When I respond to previous comments in issues, I frequently use > to quote their comment. I find myself doing this frequently, which involves highlighting the text I'm interested in, scrolling back down to the comment box, pasting, and appending it with >. This is tedious.
Proposal
When I highlight comment or description text, display a tooltip on the highlighted text with a "reply" option.
When I click reply, add the highlighted text to the comment box appended with > and snap my view down to it.
@jeremy_ Ohhhh I love this. This has been one of those ideas that has stuck in the back of my head but never created an issue for it. Thanks!
If it's the issue description, we can have it say just “Quote” since it may have been edited by multiple people. If it's a comment we can have it as “Quote and reply”, which will also mention the quoted user. WDYT?
I definitely can relate to the use case here, thanks for this proposal @jeremy_!
Thanks for sharing your thought here, @annabeldunstone and @pedroms. I feel that getting the micro interaction right is key between making this potentially annoying and a great experience. Let's involve Engineering early for feasibility.

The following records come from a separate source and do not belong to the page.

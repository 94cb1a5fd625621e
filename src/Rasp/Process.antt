-- ===== src/Rasp/Process.antt =====
-- protocol/rasp/kfrasp_parse_data.c: the body of a message that was received, read out of its
-- document. A `%s` of a text that is not there is the outcome `fault`.
use jklibs.Common.{
  ℕ, zero, suc, ◌+◌, ◌*◌, Bool, List, [], ◌∷◌, ◌++◌, Option, none, some, leb, if◌then◌else◌, length,
  take,
}
use jklibs.Common.Int.{ℤ, pos, negsuc}
use jklibs.Common.Decimal.{print_nat}
use jklibs.Common.Outcome.{Outcome, done, fault, ◌>>=◌}
use jklibs.Common.Text.{codes}
use jklibs.Rasp.Names.{m_body, m_result, m_result_code, m_result_data, m_desc, json_name}
use jklibs.Rasp.Document.{Sections}
use jklibs.Rasp.Body.{Body, ConnectItemInfo, no_item, mac_of, cii_of, Content}

-- snprintf(field, n + 1, "%s", json_string(...))
abbrev pub text_of : ℕ → Option (List ℕ) → Outcome (List ℕ)
text_of n none = fault
text_of n (some s) = done (take n s)

-- A result that is no success: its description, if there is one, and what is returned.
abbrev pub failed_with : Body → Option (List ℕ) → Body × ℤ
failed_with rb none = (record rb { number = 0 }, negsuc 1)
failed_with rb (some p) = (record rb { number = 0; result_data = take 264 p }, negsuc 2)

abbrev pub with_lists : Body → ℤ → Option (List ConnectItemInfo) → Body
with_lists rb counts cii = record rb {
  content = Content.lists (record { counts = counts; cii = cii });
}

abbrev pub with_device : Body → List ℕ → List ℕ → Body
with_device rb name addr = record rb {
  number = 2;
  content = Content.device (record { name = name; addr = addr; mac = mac_of rb.content });
}

-- The name of an entry of the bind lists, in 32 bytes.
abbrev pub index_name : ℕ → List ℕ → List ℕ
index_name i field = codes ".bindLists[" ++ (print_nat i ++ field)

-- `same` tells whether kf_string_compare gives 0; `grants` whether calloc of so many bytes does.
module _ {ℓ} {S : Type ℓ} (j : Sections S) (same : List ℕ → List ℕ → Bool) (grants : ℕ → Bool) where
  -- The section MsgBody.result
  abbrev pub in_result : S → S
  in_result d = j.push (j.push d (json_name m_body)) (json_name m_result)

  abbrev pub out_result : S → S
  out_result d = j.pop (j.pop d)

  abbrev pub common_fields : S → Body → Option (List ℕ) → Body × ℤ
  common_fields d rb none = (rb, negsuc 0)
  common_fields d rb (some s) =
      let rb : Body = record rb { result_code = take 31 s } in
      if same rb.result_code (codes "SUCCESS")
      then (rb, pos 0)
      else failed_with rb (j.string d (json_name m_result_data))

  -- kf_rasp_process_common_result
  unfoldable pub process_common_result : S → Body → Outcome (S × Body × ℤ)
  process_common_result d rb =
      let d = in_result d in
      let r = common_fields d rb (j.string d (json_name m_result_code)) in
      done (out_result d, r.0, r.1)

  abbrev pub device_fields : S → Body → Outcome Body
  device_fields d rb = do
    name ← text_of 255 (j.string d (codes ".name"))
    addr ← text_of 63 (j.string d (codes ".addr"))
    done (with_device rb name addr)

  -- kf_rasp_process_deviceinfo
  unfoldable pub process_deviceinfo : S → Body → Outcome (S × Body × ℤ)
  process_deviceinfo d rb =
      let params = j.push d (codes ".MsgBody[0].PARAMS") in
      let info = j.push params (codes ".deviceInfo") in
      let read =
        if j.push_fails params (codes ".deviceInfo")
        then done (record rb { number = 0 })
        else device_fields info rb in
      read >>= λ rb. done (j.pop (j.pop info), rb, pos 0)

  -- One entry of the bind lists. The longer of the two names must fit its 32 bytes.
  abbrev pub bind_entry : S → ℕ → Outcome ConnectItemInfo
  bind_entry d i = if leb 32 (length (index_name i (codes "].deviceMac"))) then fault else do
    device ← text_of 63 (j.string d (index_name i (codes "].deviceMac")))
    router ← text_of 63 (j.string d (index_name i (codes "].routerMac")))
    done (record no_item { device_mac = device; router_mac = router })

  -- The loop over the entries, `n` of them from `i` on.
  unfoldable pub bind_entries : S → ℕ → ℕ → Outcome (List ConnectItemInfo)
  bind_entries d zero i = done []
  bind_entries d (suc n) i = do
    ii ← bind_entry d i
    rest ← bind_entries d n (i + 1)
    done (ii ∷ rest)

  -- The memory for the entries, and the entries.
  abbrev pub bind_items : S → ℤ → Body → Outcome (Body × ℤ)
  bind_items d (pos (suc n)) rb =
      if grants (suc n * 448)
      then (bind_entries d (suc n) 0 >>= λ cii.
          done (with_lists rb (pos (suc n)) (some cii), pos 0))
      else done (with_lists rb (pos (suc n)) none, negsuc 3)
  bind_items d counts rb = done (with_lists rb counts (cii_of rb.content), negsuc 9)

  -- The result code, and then the entries or the description; the section resultData that is
  -- pushed for the entries is left on top.
  abbrev pub bind_fields : S → Body → Option (List ℕ) → Outcome (S × Body × ℤ)
  bind_fields d rb none = done (d, rb, negsuc 0)
  bind_fields d rb (some s) =
      let rb : Body = record rb { result_code = take 31 s } in
      if same rb.result_code (codes "SUCCESS")
      then (let rb : Body = record rb { number = 7 } in
          let d = j.push d (codes ".resultData") in
          bind_items d (j.count d (codes ".bindLists")) rb >>= λ r. done (d, r.0, r.1))
      else (let d = j.push d (json_name m_result_data) in
          let r = failed_with rb (j.string d (json_name m_desc)) in done (j.pop d, r.0, r.1))

  -- kf_rasp_process_bindlists_result
  unfoldable pub process_bindlists_result : S → Body → Outcome (S × Body × ℤ)
  process_bindlists_result d rb =
      let d = in_result d in
      bind_fields d rb (j.string d (json_name m_result_code)) >>= λ r.
      done (out_result (r.0), r.1, r.2)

On a first look, "Quote and reply" sounds very absolute to me since I expect that this auto-comments the highlighted quote, instead of pasting this into the comment field for a draft first. Might be me.
@pedroms Do you see a good reason for addressing object descriptions and comments separately?
On a side note, I just learned that you can do this now by highlighting text in an issue and pressing r. Yay for hotkeys, but I had no idea until I read about it in https://gitlab.com/gitlab-org/gitlab-ce/issues/43716
This is also available in discourse forums. Afaik they only have the text "Quote" which seems good to me. The quote will then get inserted into the reply field including some code to link to the relevant comment.
@akaemmerle I do not see a reason why to treat description and comments differently, maybe only if the quote has additional info like linking the user who wrote it. But still this can be handled pretty much the same way I guess.